12 March 2021

Press release produced jointly with Hodge Jones & Allen

Before HM Senior Coroner Emma Whitting
Bedfordshire Coroner's Court
4 January - 12 March 2021

An inquest has today found that a series of omissions and failures by Bedfordshire Police and East of England Ambulance Service contributed to the death of Leon Briggs on 4 November 2013.   
The jury found, on the balance of probabilities, that there was a gross failure to provide Leon with basic medical attention and that there was a direct causal connection between this conduct and his death. They recorded a conclusion that his death was ‘contributed to by neglect’. 

Leon Briggs, from Luton, was 39 years old when he died on 4 November 2013 following restraint by Bedfordshire police officers. Today's conclusion marks the latest step in the family's fight for answers.

Leon had a mixed-race heritage. He was a father to two children. His family describe him as “a loving, son, brother and father, caring and genuine”. He had previously worked teaching computer skills to the elderly and as a lorry driver.
The jury criticised the restraint by Bedfordshire Police, which they found to be mostly in the prone position with the application of inappropriate use of force. They also criticised a failure to recognise Leon as a medical emergency, inadequate assessments and a failure to monitor him. They pointed to an unsatisfactory conveyance in the police van as well as miscommunication throughout. These failures contributed to his death.
The jury also found a number of serious failings by the East of England Ambulance Service. 
Leon had been moving erratically around the local area, with numerous witnesses describing that he appeared to have mental ill health and seemed ‘confused’ but not aggressive.  Bedfordshire Police initially arrived on the scene after a member of the public called 999, concerned for Leon's welfare. The caller asked for an ambulance as well as police as Leon “needed calming down”. 
The police control room, who could see Leon on CCTV, logged this as ‘an aggressive male’. Armed police officers arrived on scene and Leon was detained under section 136 of the Mental Health Act. He was quickly brought to the ground and restrained in the street by three officers. Leon was in prone restraint (face down) for over 13 minutes, and in handcuffs and leg restraints for 25 minutes.

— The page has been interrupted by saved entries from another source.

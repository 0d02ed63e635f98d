-- ===== src/Agent/Handler/Consent.antt =====
-- What the user's consent decides: requests that nobody accepts, and requests that are not asked about.
use pageant.Base.{
  ℕ, Bool, true, false, not, ◌≡◌, ◌≢◌, refl, Option, none, some, List, arith, Option-cases, inl,
  inr,
}
use pageant.Agent.Action.{Result, ok, failed, fault, Action, ◌>>=◌, ◌>>◌, fail_if, or_fail}
use pageant.Agent.Keys.{Algorithms, Key}
use pageant.Agent.Accept.{
  Kind, request_identities, sign_request, add_identity, add_id_constrained, remove_identity,
  remove_all_identities, unknown, Verdict, accepted, refused, Settings, Desktop,
  setting_get_confirm_info, make_confirm_key_str, ask, accept_agent_request,
}
use pageant.Agent.Handler.{
  Server, Surroundings, on_settings, handle_sign_request, handle_add_identity,
  handle_remove_identity, handle_kind,
}

-- The requests that are asked about.
unfoldable pub asks : Kind → Bool
asks sign_request = true
asks add_identity = true
asks add_id_constrained = true
asks remove_identity = true
asks request_identities = false
asks remove_all_identities = false
asks unknown = false

-- No success, and the keys are those of before.
pub data Denied {algs : Algorithms} (s : Server algs) : Result (List ℕ) × Server algs → Type 0 where
  denied : {t : Server algs} → t.keys ≡ s.keys → Denied s (failed, t)
  crashed : {t : Server algs} → t.keys ≡ s.keys → Denied s (fault, t)

-- A user who cancels every dialog, and has not had the acceptance of any request remembered.
pub record IsUnwilling (desk : Desktop) (settings : Settings) : Type 0 where
  pub cancels :
      (kind : Kind) (print comment : List ℕ) (offer : Bool)
      → (desk.dialog kind print comment offer).cancelled ≡ true
  pub not_remembered :
      (name : List ℕ) → setting_get_confirm_info name settings.verdicts ≢ some accepted

module _ {algs : Algorithms} (s : Server algs) where
  >>=-Denied :
      {A : Type 0} (m : Action (Server algs) A) (f : A → Action (Server algs) (List ℕ))
      (t : Server algs)
      → (m t).1.keys ≡ s.keys
      → ((a : A) → (m t).0 ≡ ok a → Denied s (f a (m t).1))
      → Denied s ((m >>= f) t)
  unfolding ◌>>=◌
  >>=-Denied {A = A} m f t h k = after (m t) h k
    where
      after :
          (r : Result A × Server algs)
          → r.1.keys ≡ s.keys
          → ((a : A) → r.0 ≡ ok a → Denied s (f a r.1))
          → Denied s ((◌>>=◌ {S = Server algs} (λ _. r) f) t)
      after (ok a, u) g n = n a refl
      after (failed, u) g n = denied g
      after (fault, u) g n = crashed g

  or_fail-Denied :
      {A : Type 0} (o : Option A) (f : A → Action (Server algs) (List ℕ))
      → ((a : A) → Denied s (f a s))
      → Denied s ((or_fail o >>= f) s)
  or_fail-Denied none f k = >>=-Denied (or_fail none) f s refl (λ a e. k a)
  or_fail-Denied (some a) f k = >>=-Denied (or_fail (some a)) f s refl (λ b e. k b)

  fail_if-Denied :
      (b : Bool) (k : Action (Server algs) (List ℕ)) (t : Server algs)
      → t.keys ≡ s.keys
      → (b ≡ false → Denied s (k t))
      → Denied s ((fail_if b >> k) t)
  unfolding ◌>>◌ ◌>>=◌
  fail_if-Denied true k t h n = denied h
  fail_if-Denied false k t h n = n refl

module _ {algs : Algorithms} (env : Surroundings algs) where
  accept-unwilling :
      (kind : Kind) (key : Key algs) (settings : Settings)
      → IsUnwilling env.desktop settings
      → (accept_agent_request env.desktop kind key settings).0 ≡ false
  unfolding accept_agent_request ask
  accept-unwilling kind key settings u =
      elim (Option-cases
        (setting_get_confirm_info (make_confirm_key_str env.desktop kind key) settings.verdicts)) [
          | inl e ↦ rw (accept_agent_request, e, u.cancels kind _ _ _) refl
          | inr (v, e) ↦ given v e
        ]
    where
      given :
          (v : Verdict)
          → setting_get_confirm_info (make_confirm_key_str env.desktop kind key) settings.verdicts
            ≡ some v
          → (accept_agent_request env.desktop kind key settings).0 ≡ false
      given accepted e = absurd (u.not_remembered _ e)
      given refused e = rw (accept_agent_request, e) refl

  asked-Denied :
      (kind : Kind) (key : Key algs) (k : Action (Server algs) (List ℕ)) (s : Server algs)
      → IsUnwilling env.desktop s.settings
      → Denied s (
          (on_settings (accept_agent_request env.desktop kind key) >>= λ yes.
          fail_if (not yes) >> k)
            s)
  asked-Denied kind key k s u =
      >>=-Denied s (on_settings (accept_agent_request env.desktop kind key)) _ s refl λ yes e.
        fail_if-Denied s (not yes) k _ refl λ agreed.
          let no = accept-unwilling kind key s.settings u in absurd (ground (arith, e, agreed, no))

  sign-Denied :
      (src : List ℕ) (s : Server algs)
      → IsUnwilling env.desktop s.settings
      → Denied s (handle_sign_request env src s)
  unfolding handle_sign_request
  sign-Denied src s u =
      >>=-Denied s _ _ _ refl λ request p. asked-Denied sign_request request.0 _ s u

  add-Denied :
      (kind : Kind) (blob : List ℕ) (s : Server algs)
      → IsUnwilling env.desktop s.settings
      → Denied s (handle_add_identity env kind blob s)
  unfolding handle_add_identity
  add-Denied kind blob s u = >>=-Denied s _ _ _ refl λ key p. asked-Denied kind key _ s u

  remove-Denied :
      (src : List ℕ) (s : Server algs)
      → IsUnwilling env.desktop s.settings
      → Denied s (handle_remove_identity env src s)
  unfolding handle_remove_identity
  remove-Denied src s u =
      or_fail-Denied s _ _ λ first.
        >>=-Denied s _ _ _ refl λ public_key p. asked-Denied remove_identity public_key _ s u

  -- For a user who cancels every dialog and has not had the acceptance of any request remembered,
  -- a request to sign, to add or to remove a key has no success, and the keys stay as they were.
  pub kind-Denied :
      (kind : Kind) (left : ℕ) (mem : List ℕ) (s : Server algs)
      → asks kind ≡ true
      → IsUnwilling env.desktop s.settings
      → Denied s (handle_kind env kind left mem s)
  unfolding handle_kind asks
  kind-Denied sign_request left mem s a u = >>=-Denied s _ _ s refl λ src e. sign-Denied src s u
  kind-Denied add_identity left mem s a u =
      >>=-Denied s _ _ s refl λ blob e. add-Denied add_identity blob s u
  kind-Denied add_id_constrained left mem s a u =
      >>=-Denied s _ _ s refl λ blob e. add-Denied add_id_constrained blob s u
  kind-Denied remove_identity left mem s a u =
      >>=-Denied s _ _ s refl λ src e. remove-Denied src s u
  kind-Denied request_identities left mem s a u = cc
  kind-Denied remove_all_identities left mem s a u = cc
  kind-Denied unknown left mem s a u = cc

Staff from the East of England Ambulance Service arrived on scene, but did not assess or communicate with Leon. 
Leon was then taken in a police van to Luton Police Station, rather than the local hospital despite it being closer in distance. The custody team had been alerted that a ‘violent male’ was being brought in. Unable to walk, he was carried into a cell where he was restrained again then left unconscious for 6 minutes and 15 seconds, before becoming silent and unresponsive. At this point Leon was taken by an ambulance to hospital, where he was pronounced dead. 
Throughout the nine-week inquest, held by the Senior Coroner for Bedfordshire, Ms Emma Whitting, jurors heard evidence of a catalogue of failings that culminated in Leon's death. The inquest heard his primary cause of death was "amphetamine intoxication in association with prone restraint and prolonged struggling”, with a secondary cause of coronary heart disease. A medical expert told the inquest Leon would have survived, beyond reasonable doubt, if he had been taken to hospital rather than police custody.
The credibility of the officers’ accounts was called into question after the breach of a non-conferral order, initial statements from the officers were nearly identical when given.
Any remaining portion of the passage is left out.